• [PROBLEM DESCRIPTION] Repeat the stretch of entries below from the line with "validate_definition-IsProper size_again (record" through the line with "create_definition-taken new_id ordered". Include both ends and add nothing.

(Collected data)
-- ===== src/Property/Stored.antt =====
-- property/service.go on the tables: the stored values are values of their definitions.
use mathlib.Core.Option.{some-injective}
use spec_powers.Prelude.{
  ℕ, String, ◌≡◌, refl, sym, subst, ◌∙◌, Bool, not, some, List, [], ◌∷◌, ◌++◌, map, any, find,
  select, All, str_eq, Bool-cases, Option-cases, inl, inr, ◌⊎◌,
}
use spec_powers.Api.{
  Result, AppError, ok, err, err_not_found, err_forbidden, err_internal, checked, reads, lift, pure,
  >>=-reads, >>=-after, >>=-keeps,
}
use spec_powers.Issue.Access.{role_suffices}
use spec_powers.Property.Values.{PropertyDefinition, IssuePropertyValue, Readers, validate_value}
use spec_powers.Property.Service.{
  require_project_role, require_project_issue, set_or_clear, set_issue_value, cleared,
}
use spec_powers.Property.Postgres.{
  PropertyDb, Others, get_property, put, same_key, set_issue_property, delete_issue_property,
  pg_properties,
}

module _ (r : Readers) where
  -- The value is one that its definition admits, if there is a definition of its id.
  abbrev pub IsAdmitted : List PropertyDefinition → IssuePropertyValue → Type 0
  IsAdmitted defs v =
      (p : PropertyDefinition)
      → find (λ (x : PropertyDefinition). str_eq x.id v.property_id) defs ≡ some p
      → validate_value r p.type v.value p.options ≡ ok tt

  abbrev pub Admitted : PropertyDb → Type 0
  Admitted d = All (IsAdmitted d.definitions) d.values

  put-All :
      (defs : List PropertyDefinition) (v : IssuePropertyValue) (rows : List IssuePropertyValue)
      → IsAdmitted defs v
      → All (IsAdmitted defs) rows
      → All (IsAdmitted defs) (map (put v) rows)
  put-All defs v [] h hs = tt
  put-All defs v (x ∷ rows) h (g, gs) = elim (Bool-cases (same_key v.issue_id v.property_id x)) [
    | inl e ↦ rw e (h, put-All defs v rows h gs)
    | inr e ↦ rw e (g, put-All defs v rows h gs)
  ]

  append-All :
      (defs : List PropertyDefinition) (v : IssuePropertyValue) (rows : List IssuePropertyValue)
      → IsAdmitted defs v
      → All (IsAdmitted defs) rows
      → All (IsAdmitted defs) (rows ++ v ∷ [])
  append-All defs v [] h hs = (h, tt)
  append-All defs v (x ∷ rows) h (g, gs) = (g, append-All defs v rows h gs)

  select-All :
      (defs : List PropertyDefinition) (p : IssuePropertyValue → Bool)
      (rows : List IssuePropertyValue)
      → All (IsAdmitted defs) rows
      → All (IsAdmitted defs) (select p rows)
  select-All defs p [] hs = tt
  select-All defs p (x ∷ rows) (g, gs) = elim (Bool-cases (p x)) [
    | inl e ↦ rw e (g, select-All defs p rows gs)
    | inr e ↦ rw e (select-All defs p rows gs)
  ]

  written-Admitted :
      (v : IssuePropertyValue) (d : PropertyDb)
      → IsAdmitted d.definitions v
      → Admitted d
      → Admitted (set_issue_property v d).1
  unfolding set_issue_property
  written-Admitted v d h hs = elim (Bool-cases (any (same_key v.issue_id v.property_id) d.values)) [
    | inl e ↦ rw e (put-All d.definitions v d.values h hs)
    | inr e ↦ rw e (append-All d.definitions v d.values h hs)
  ]

  deleted-Admitted :
      (issue property : String) (d : PropertyDb)
      → Admitted d
      → Admitted (delete_issue_property issue property d).1
  unfolding delete_issue_property
  deleted-Admitted issue property d hs =
      elim (Bool-cases (any (same_key issue property) d.values)) [
        | inl e ↦ rw e (select-All d.definitions (λ v. not (same_key issue property v)) d.values hs)
        | inr e ↦ rw e hs
      ]

Result-cases : (r : Result (Unit {0})) → (r ≡ ok tt) ⊎ ((e : AppError) × (r ≡ err e))
Result-cases (ok u) = inl refl
Result-cases (err e) = inr (e, refl)

module _ (new_id : ℕ → String) (ordered : List IssuePropertyValue → List IssuePropertyValue)
    (o : Others) where
  set_or_clear-Admitted :
      (issue property value : String) (p : PropertyDefinition) (d : PropertyDb)
      → find (λ (x : PropertyDefinition). str_eq x.id property) d.definitions ≡ some p
      → Admitted o.readers d
      → Admitted o.readers
          (set_or_clear (pg_properties new_id ordered o) issue property value p d).1
  unfolding set_or_clear
  set_or_clear-Admitted issue property value p d at hs = elim (Bool-cases (str_eq value "")) [
    | inl e ↦ rw e (
        >>=-after (Admitted o.readers)
          (λ s. let (r, s') = delete_issue_property issue property s in (cleared r, s'))
          (λ _. pure (record { issue_id = issue; property_id = property; value = "" })) d
          (λ _ x. refl) (deleted-Admitted o.readers issue property d hs))
    | inr e ↦ elim (Result-cases (validate_value o.readers p.type value p.options)) [
      | inr (x, f) ↦ rw (e, f) hs
      | inl f ↦
          rw (e, f)
            (written-Admitted o.readers
              (record { issue_id = issue; property_id = property; value = value }) d
              (λ q found.
                let same : p ≡ q = some-injective p q (sym at ∙ found) in
                subst
                  (λ (x : PropertyDefinition).
                    validate_value o.readers x.type value x.options ≡ ok tt)
                  same f)
              hs)
    ]
  ]

  role-reads :
      (user project min : String) (d : PropertyDb)
      → (require_project_role (pg_properties new_id ordered o) user project min d).1 ≡ d
  unfolding require_project_role
  role-reads user project min d =
      >>=-keeps (λ (x : PropertyDb). x)
        (reads (λ s.
          checked (o.project project s) (err_not_found "project not found")
            (err_internal "get project failed")))
        _ (λ x. refl)
        (λ p x.
          >>=-keeps (λ (y : PropertyDb). y)
            (reads (λ s.
              checked (o.member project user s) (err_forbidden "not a project member")
                (err_internal "get project member failed")))
            (λ pm. lift (role_suffices min pm)) (λ y. refl) (λ pm y. refl) x)
        d

  issue-reads :
      (user issue : String) (d : PropertyDb)
      → (require_project_issue (pg_properties new_id ordered o) user issue d).1 ≡ d
  unfolding require_project_issue
  issue-reads user issue d =
      >>=-keeps (λ (x : PropertyDb). x)
        (reads (λ s.
          checked (o.issue issue s) (err_not_found "issue not found")
            (err_internal "get issue failed")))
        _ (λ x. refl)
        (λ i x.
          >>=-keeps (λ (y : PropertyDb). y)
            (require_project_role (pg_properties new_id ordered o) user i.project_id "member")
            (λ _. pure i) (role-reads user i.project_id "member") (λ _ y. refl) x)
        d

  -- SetIssueValue stores no value that its definition does not admit: if every stored value is one that
  -- the definition with its id admits, this is so afterwards, whether or not the call succeeds.
  pub set_issue_value-Admitted :
      (user issue property value : String) (d : PropertyDb)
      → Admitted o.readers d
      → Admitted o.readers
          (set_issue_value (pg_properties new_id ordered o) user issue property value d).1
  unfolding set_issue_value get_property
  set_issue_value-Admitted user issue property value d hs =
      >>=-reads (Admitted o.readers)
        (require_project_issue (pg_properties new_id ordered o) user issue) _ d
        (issue-reads user issue d) hs
        (λ i _.
          elim (Option-cases
            (find (λ (x : PropertyDefinition). str_eq x.id property) d.definitions)) [
              | inl e ↦ rw e hs
              | inr (p, e) ↦ elim (Bool-cases (str_eq p.project_id i.project_id)) [
                | inr f ↦ rw (e, f) hs
                | inl f ↦ rw (e, f) (set_or_clear-Admitted issue property value p d e hs)
              ]
            ])
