-- ===== src/Property/Samples.antt =====
-- Checks of definitions and values, and the theorems at a small project.
use spec_powers.Prelude.{
  ℕ, ◌≡◌, refl, true, false, none, some, String, List, [], ◌∷◌, str_eq, codes, is_blank, subst,
  if◌then◌else◌,
}
use mathlib.Core.Option.{some-injective}
use spec_powers.Domain.{Issue}
use spec_powers.Prelude.Int.{pos}
use spec_powers.Api.{ok, err, err_internal, found}
use spec_powers.Workflow.Tasks.{trim}
use spec_powers.Cron.Calendar.{days_in}
use spec_powers.Property.Values.{
  PropertyDefinition, IssuePropertyValue, DefinitionInput, Readers, is_date, validate_definition,
  validate_value, check_options,
}
use spec_powers.Property.Service.{create_definition, set_issue_value, require_project_role}
use spec_powers.Property.Postgres.{PropertyDb, Others, pg_properties}
use spec_powers.Property.Checked.{IsProper, validate_definition-IsProper, create_definition-taken}
use spec_powers.Property.Stored.{Admitted, set_issue_value-Admitted}

dates :
    (is_date (codes "2024-02-29") ≡ true)
    × (is_date (codes "2023-02-29") ≡ false)
    × (is_date (codes "2024-2-9") ≡ false)
    × (is_date (codes "2024-00-10") ≡ false)
unfolding is_date days_in
dates = (refl, refl, refl, refl)

abbrev readers : Readers
readers = record {
  is_number = λ t. str_eq t "7";
  strings = λ t. if str_eq t "[]" then some [] else none;
}

abbrev size : PropertyDefinition
size = record {
  id = "p";
  project_id = "pr";
  name = "size";
  type = "select";
  options = "small" ∷ "large" ∷ [];
  position = 0;
}

abbrev size_again : DefinitionInput
size_again = record { name = " size "; type = "select"; options = "s" ∷ "l" ∷ [] }

size_again-valid : validate_definition size_again ≡ ok (record size_again { name = "size" })
unfolding validate_definition trim check_options is_blank
size_again-valid = refl

validate_definition-IsProper_example :
    (record size_again { name = "size" } ≡ record size_again { name = trim size_again.name })
    × IsProper (record size_again { name = "size" })
validate_definition-IsProper_example =
    validate_definition-IsProper size_again (record size_again { name = "size" }) size_again-valid

abbrev issue : Issue
issue = record {
  id = "i";
  project_id = "pr";
  parent_id = "";
  title = "t";
  description = "";
  status = "todo";
  priority = "none";
  assignee_id = "";
  due_date = none;
  labels = [];
  stage = pos 0;
  position = pos 0;
  created_by = "ann";
}

abbrev tables : PropertyDb
tables = record {
  definitions = size ∷ [];
  values = record { issue_id = "i"; property_id = "p"; value = "small" } ∷ [];
  issues = issue ∷ [];
  serial = 1;
}

abbrev others : Others
others = record {
  readers = readers;
  project = λ id d. found (record { id = id; workspace_id = "w" });
  member = λ id user d. found (record { project_id = id; user_id = user; role = "owner" });
  issue = λ id d. found issue;
}

abbrev new_id : ℕ → String
new_id n = "id"

abbrev ordered : List IssuePropertyValue → List IssuePropertyValue
ordered rows = rows

owner :
    require_project_role (pg_properties new_id ordered others) "ann" "pr" "owner" tables
    ≡ (ok tt, tables)
unfolding require_project_role
owner = refl

create_definition-taken_example :
    create_definition (pg_properties new_id ordered others) "ann" "pr" size_again tables
    ≡ (err (err_internal "create property definition failed"), tables)
create_definition-taken_example =
    create_definition-taken new_id ordered others "ann" "pr" size_again
      (record size_again { name = "size" }) tables owner size_again-valid refl

small-admitted : validate_value readers "select" "small" ("small" ∷ "large" ∷ []) ≡ ok tt
unfolding validate_value
small-admitted = refl

tables-Admitted : Admitted readers tables
tables-Admitted = (
  (λ p e.
      subst (λ (x : PropertyDefinition). validate_value readers x.type "small" x.options ≡ ok tt)
        (some-injective size p e) small-admitted),
  tt,
)

set_issue_value-Admitted_example :
    Admitted readers
      (set_issue_value (pg_properties new_id ordered others) "ann" "i" "p" "huge" tables).1
set_issue_value-Admitted_example =
    set_issue_value-Admitted new_id ordered others "ann" "i" "p" "huge" tables tables-Admitted
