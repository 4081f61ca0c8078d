-- ===== src/PullRequest.antt =====
-- backend/internal/pr: pull requests, the issues that they name, and what a merge closes.
pub mod Keys
pub mod Service
pub mod Postgres
pub mod Distinct
mod Rows
pub mod States
mod Samples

• [REPLY TO THE TASK]
    validate_definition-IsProper size_again (record size_again { name = "size" }) size_again-valid

abbrev issue : Issue
issue = record {
  id = "i";
  project_id = "pr";
  parent_id = "";
  title = "t";
  description = "";
  status = "todo";
  priority = "none";
  assignee_id = "";
  due_date = none;
  labels = [];
  stage = pos 0;
  position = pos 0;
  created_by = "ann";
}

abbrev tables : PropertyDb
tables = record {
  definitions = size ∷ [];
  values = record { issue_id = "i"; property_id = "p"; value = "small" } ∷ [];
  issues = issue ∷ [];
  serial = 1;
}

abbrev others : Others
others = record {
  readers = readers;
  project = λ id d. found (record { id = id; workspace_id = "w" });
  member = λ id user d. found (record { project_id = id; user_id = user; role = "owner" });
  issue = λ id d. found issue;
}

abbrev new_id : ℕ → String
new_id n = "id"

abbrev ordered : List IssuePropertyValue → List IssuePropertyValue
ordered rows = rows

owner :
    require_project_role (pg_properties new_id ordered others) "ann" "pr" "owner" tables
    ≡ (ok tt, tables)
unfolding require_project_role
owner = refl

create_definition-taken_example :
    create_definition (pg_properties new_id ordered others) "ann" "pr" size_again tables
    ≡ (err (err_internal "create property definition failed"), tables)
create_definition-taken_example =
    create_definition-taken new_id ordered others "ann" "pr" size_again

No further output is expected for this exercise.